■ ACTIVITY: Pull every line from the records that has the word "mono" in it.

■ INFORMATION SUPPLIED:

-- ===== src/ValueCache/Cached.antt =====
-- Which ids the operations of the cache take in and drop.
use opendht.Prelude.{
  ℕ, suc, ◌+◌, ◌<◌, ◌≤◌, ◌≡◌, refl, sym, subst, min, Bool, true, false, not, ◌&&◌, ◌||◌, List, [],
  ◌∷◌, none, some, inl, inr, arith, ltb, leb, ◌==◌, Bool-cases, Option-cases,
}
use opendht.Prelude.Map.{Map, find-erase, find-emplace, find-update}
use opendht.Prelude.Map
use opendht.Time.{TimePoint}
use opendht.Value.{Value, TypeStore, type_expiration}
use opendht.ValueCache.{CacheValueStorage, touch, add_loop, sweep}

abbrev pub has_id : ℕ → List Value → Bool
has_id k [] = false
has_id k (v ∷ vs) = v.id == k || has_id k vs

unfoldable pub cached : Map CacheValueStorage → ℕ → Bool
unfolding Map.find
cached m k = elim (Map.find k m) [ none ↦ false | some _ ↦ true ]

-- Keys ascend, from lo on, and each is the id of its value.
abbrev pub Keyed : ℕ → Map CacheValueStorage → Type 0
Keyed lo [] = Unit
Keyed lo ((k, c) ∷ m) = (lo ≤ k) × (c.stored.id ≡ k) × Keyed (suc k) m

pub Keyed-mono : (a b : ℕ) (m : Map CacheValueStorage) → b ≤ a → Keyed a m → Keyed b m
Keyed-mono a b [] h p = tt
Keyed-mono a b ((k, c) ∷ m) h p = (omega (arith, p.0), p.1, p.2)

pub cached_below : (lo k : ℕ) (m : Map CacheValueStorage) → Keyed lo m → k < lo → cached m k ≡ false
unfolding cached
cached_below lo k [] h p = refl
cached_below lo k ((j, c) ∷ m) h p = ground (arith, cached_below (suc j) k m, h)

pub cached-add_loop :
    (types : TypeStore) (now : TimePoint) (vs : List Value) (m : Map CacheValueStorage) (k : ℕ)
    → cached (add_loop types now vs m).0 k ≡ (cached m k || has_id k (add_loop types now vs m).1)
unfolding cached add_loop
cached-add_loop types now [] m k = ground arith
cached-add_loop types now (v ∷ vs) m k = elim (Option-cases (Map.find v.id m)) [
  | inl absent ↦
      let entry : CacheValueStorage = record {
        stored = v;
        created = now;
        expiration = now + type_expiration types v.type;
      } in
      ground (
        arith,
        absent,
        find-emplace v.id k entry m,
        cached-add_loop types now vs (Map.emplace v.id entry m) k,
      )
  | inr (c, there) ↦ ground (
    arith,
    there,
    find-update v.id k (touch types now) m,
    cached-add_loop types now vs (Map.update v.id (touch types now) m) k,
  )
]

pub stored_id :
    (lo k : ℕ) (m : Map CacheValueStorage) (c : CacheValueStorage)
    → Keyed lo m
    → Map.find k m ≡ some c
    → c.stored.id ≡ k
unfolding Map.find
stored_id lo k [] c h e = absurd cc
stored_id lo k ((j, d) ∷ m) c h e = ground (arith, stored_id (suc j) k m c h.2, h.1)

pub sweep-Keyed :
    (now : TimePoint) (m : Map CacheValueStorage) (next : TimePoint) (lo : ℕ)
    → Keyed lo m
    → Keyed lo (sweep now m next).0
unfolding sweep
sweep-Keyed now [] next lo h = tt
sweep-Keyed now ((k, c) ∷ m) next lo h = elim (Bool-cases (leb c.expiration now)) [
  | inl over ↦
      rw over (Keyed-mono (suc k) lo _ (omega (arith, h.0)) (sweep-Keyed now m next (suc k) h.2))
  | inr good ↦ rw good (h.0, h.1, sweep-Keyed now m (min next c.expiration) (suc k) h.2)
]

gone_below :
    (now : TimePoint) (m : Map CacheValueStorage) (next : TimePoint) (lo k : ℕ)
    → Keyed lo m
    → k < lo
    → has_id k (sweep now m next).1 ≡ false
unfolding sweep
gone_below now [] next lo k h p = refl
gone_below now ((j, c) ∷ m) next lo k h p = elim (Bool-cases (leb c.expiration now)) [
  | inl over ↦ rw over (ground (arith, gone_below now m next (suc j) k h.2, h.0, h.1, p))
  | inr good ↦
      rw good (gone_below now m (min next c.expiration) (suc j) k h.2 (omega (arith, h.0, p)))
]

pub cached-sweep :
    (now : TimePoint) (m : Map CacheValueStorage) (next : TimePoint) (lo k : ℕ)
    → Keyed lo m
    → cached (sweep now m next).0 k ≡ (cached m k && not (has_id k (sweep now m next).1))
unfolding cached sweep
cached-sweep now [] next lo k h = refl
cached-sweep now ((j, c) ∷ m) next lo k h = elim (Bool-cases (leb c.expiration now)) [
  | inl over ↦
      let below =
        cached_below (suc j) k (sweep now m next).0 (sweep-Keyed now m next (suc j) h.2) in
      rw over (ground (arith, cached-sweep now m next (suc j) k h.2, below, h.1))
  | inr good ↦
      let next' : TimePoint = min next c.expiration in
      let none_gone = gone_below now m next' (suc j) k h.2 in
      rw good (ground (arith, cached-sweep now m next' (suc j) k h.2, none_gone))
]

-- An entry is erased.
pub cached-erase :
    (lo j k : ℕ) (m : Map CacheValueStorage) (c : CacheValueStorage)
    → Keyed lo m
    → Map.find j m ≡ some c
    → cached (Map.erase j m) k ≡ (cached m k && not (has_id k (c.stored ∷ [])))
unfolding cached
cached-erase lo j k m c h e = ground (arith, find-erase j k m, stored_id lo j m c h e)

pub erase-Keyed : (lo k : ℕ) (m : Map CacheValueStorage) → Keyed lo m → Keyed lo (Map.erase k m)
unfolding Map.erase
erase-Keyed lo k [] h = tt
erase-Keyed lo k ((j, c) ∷ m) h =
    let rest = erase-Keyed (suc j) k m h.2 in
    elim (Bool-cases (j == k)) [
      | inl same ↦ rw same (Keyed-mono (suc j) lo _ (omega (arith, h.0)) rest)
      | inr other ↦ rw other (h.0, h.1, rest)
    ]

pub insert-Keyed :
    (lo : ℕ) (c : CacheValueStorage) (m : Map CacheValueStorage)
    → lo ≤ c.stored.id
    → Map.find c.stored.id m ≡ none
    → Keyed lo m
    → Keyed lo (Map.insert c.stored.id c m)
unfolding Map.find Map.insert
insert-Keyed lo c [] p e h = (p, refl, tt)
insert-Keyed lo c ((j, d) ∷ m) p e h = elim (Bool-cases (ltb c.stored.id j)) [
  | inl before ↦ rw before (p, refl, (ground (arith, before), h.1, h.2))
  | inr after ↦
      rw after
        (h.0, h.1, insert-Keyed (suc j) c m (ground (arith, after, e)) (ground (arith, e)) h.2)
]

pub update-Keyed :
    (types : TypeStore) (now : TimePoint) (lo k : ℕ) (m : Map CacheValueStorage)
    → Keyed lo m
    → Keyed lo (Map.update k (touch types now) m)
unfolding Map.update touch
update-Keyed types now lo k [] h = tt
update-Keyed types now lo k ((j, c) ∷ m) h = elim (Bool-cases (j == k)) [
  | inl same ↦ rw same h
  | inr other ↦ rw other (h.0, h.1, update-Keyed types now (suc j) k m h.2)
]

abbrev pub entry_of : TypeStore → TimePoint → Value → CacheValueStorage
entry_of types now v = record {
  stored = v;
  created = now;
  expiration = now + type_expiration types v.type;
}

pub add_loop-none :
    (types : TypeStore) (now : TimePoint) (v : Value) (vs : List Value) (m : Map CacheValueStorage)
    → Map.find v.id m ≡ none
    → (add_loop types now (v ∷ vs) m).0
      ≡ (add_loop types now vs (Map.insert v.id (entry_of types now v) m)).0
unfolding add_loop Map.emplace
add_loop-none types now v vs m e = ground (arith, e)

pub add_loop-some :
    (types : TypeStore) (now : TimePoint) (v : Value) (vs : List Value) (m : Map CacheValueStorage)
    (c : CacheValueStorage)
    → Map.find v.id m ≡ some c
    → (add_loop types now (v ∷ vs) m).0
      ≡ (add_loop types now vs (Map.update v.id (touch types now) m)).0
unfolding add_loop
add_loop-some types now v vs m c e = ground (arith, e)

pub add_loop-Keyed :
    (types : TypeStore) (now : TimePoint) (vs : List Value) (m : Map CacheValueStorage)
    → Keyed 0 m
    → Keyed 0 (add_loop types now vs m).0
unfolding add_loop
add_loop-Keyed types now [] m h = h
add_loop-Keyed types now (v ∷ vs) m h = elim (Option-cases (Map.find v.id m)) [
  | inl absent ↦ subst (Keyed 0) (sym (add_loop-none types now v vs m absent)) (
      add_loop-Keyed types now vs (Map.insert v.id (entry_of types now v) m)
        (insert-Keyed 0 (entry_of types now v) m (omega arith) absent h))
  | inr (c, there) ↦ subst (Keyed 0) (sym (add_loop-some types now v vs m c there)) (
      add_loop-Keyed types now vs (Map.update v.id (touch types now) m)
        (update-Keyed types now 0 v.id m h))
]

pub cached-update :
    (types : TypeStore) (now : TimePoint) (j k : ℕ) (m : Map CacheValueStorage)
    → cached (Map.update j (touch types now) m) k ≡ cached m k
unfolding cached
cached-update types now j k m = ground (arith, find-update j k (touch types now) m)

■ RESPONSE AREA:
pub Keyed-mono : (a b : ℕ) (m : Map CacheValueStorage) → b ≤ a → Keyed a m → Keyed b m
Keyed-mono a b [] h p = tt
Keyed-mono a b ((k, c) ∷ m) h p = (omega (arith, p.0), p.1, p.2)
      rw over (Keyed-mono (suc k) lo _ (omega (arith, h.0)) (sweep-Keyed now m next (suc k) h.2))
      | inl same ↦ rw same (Keyed-mono (suc j) lo _ (omega (arith, h.0)) rest)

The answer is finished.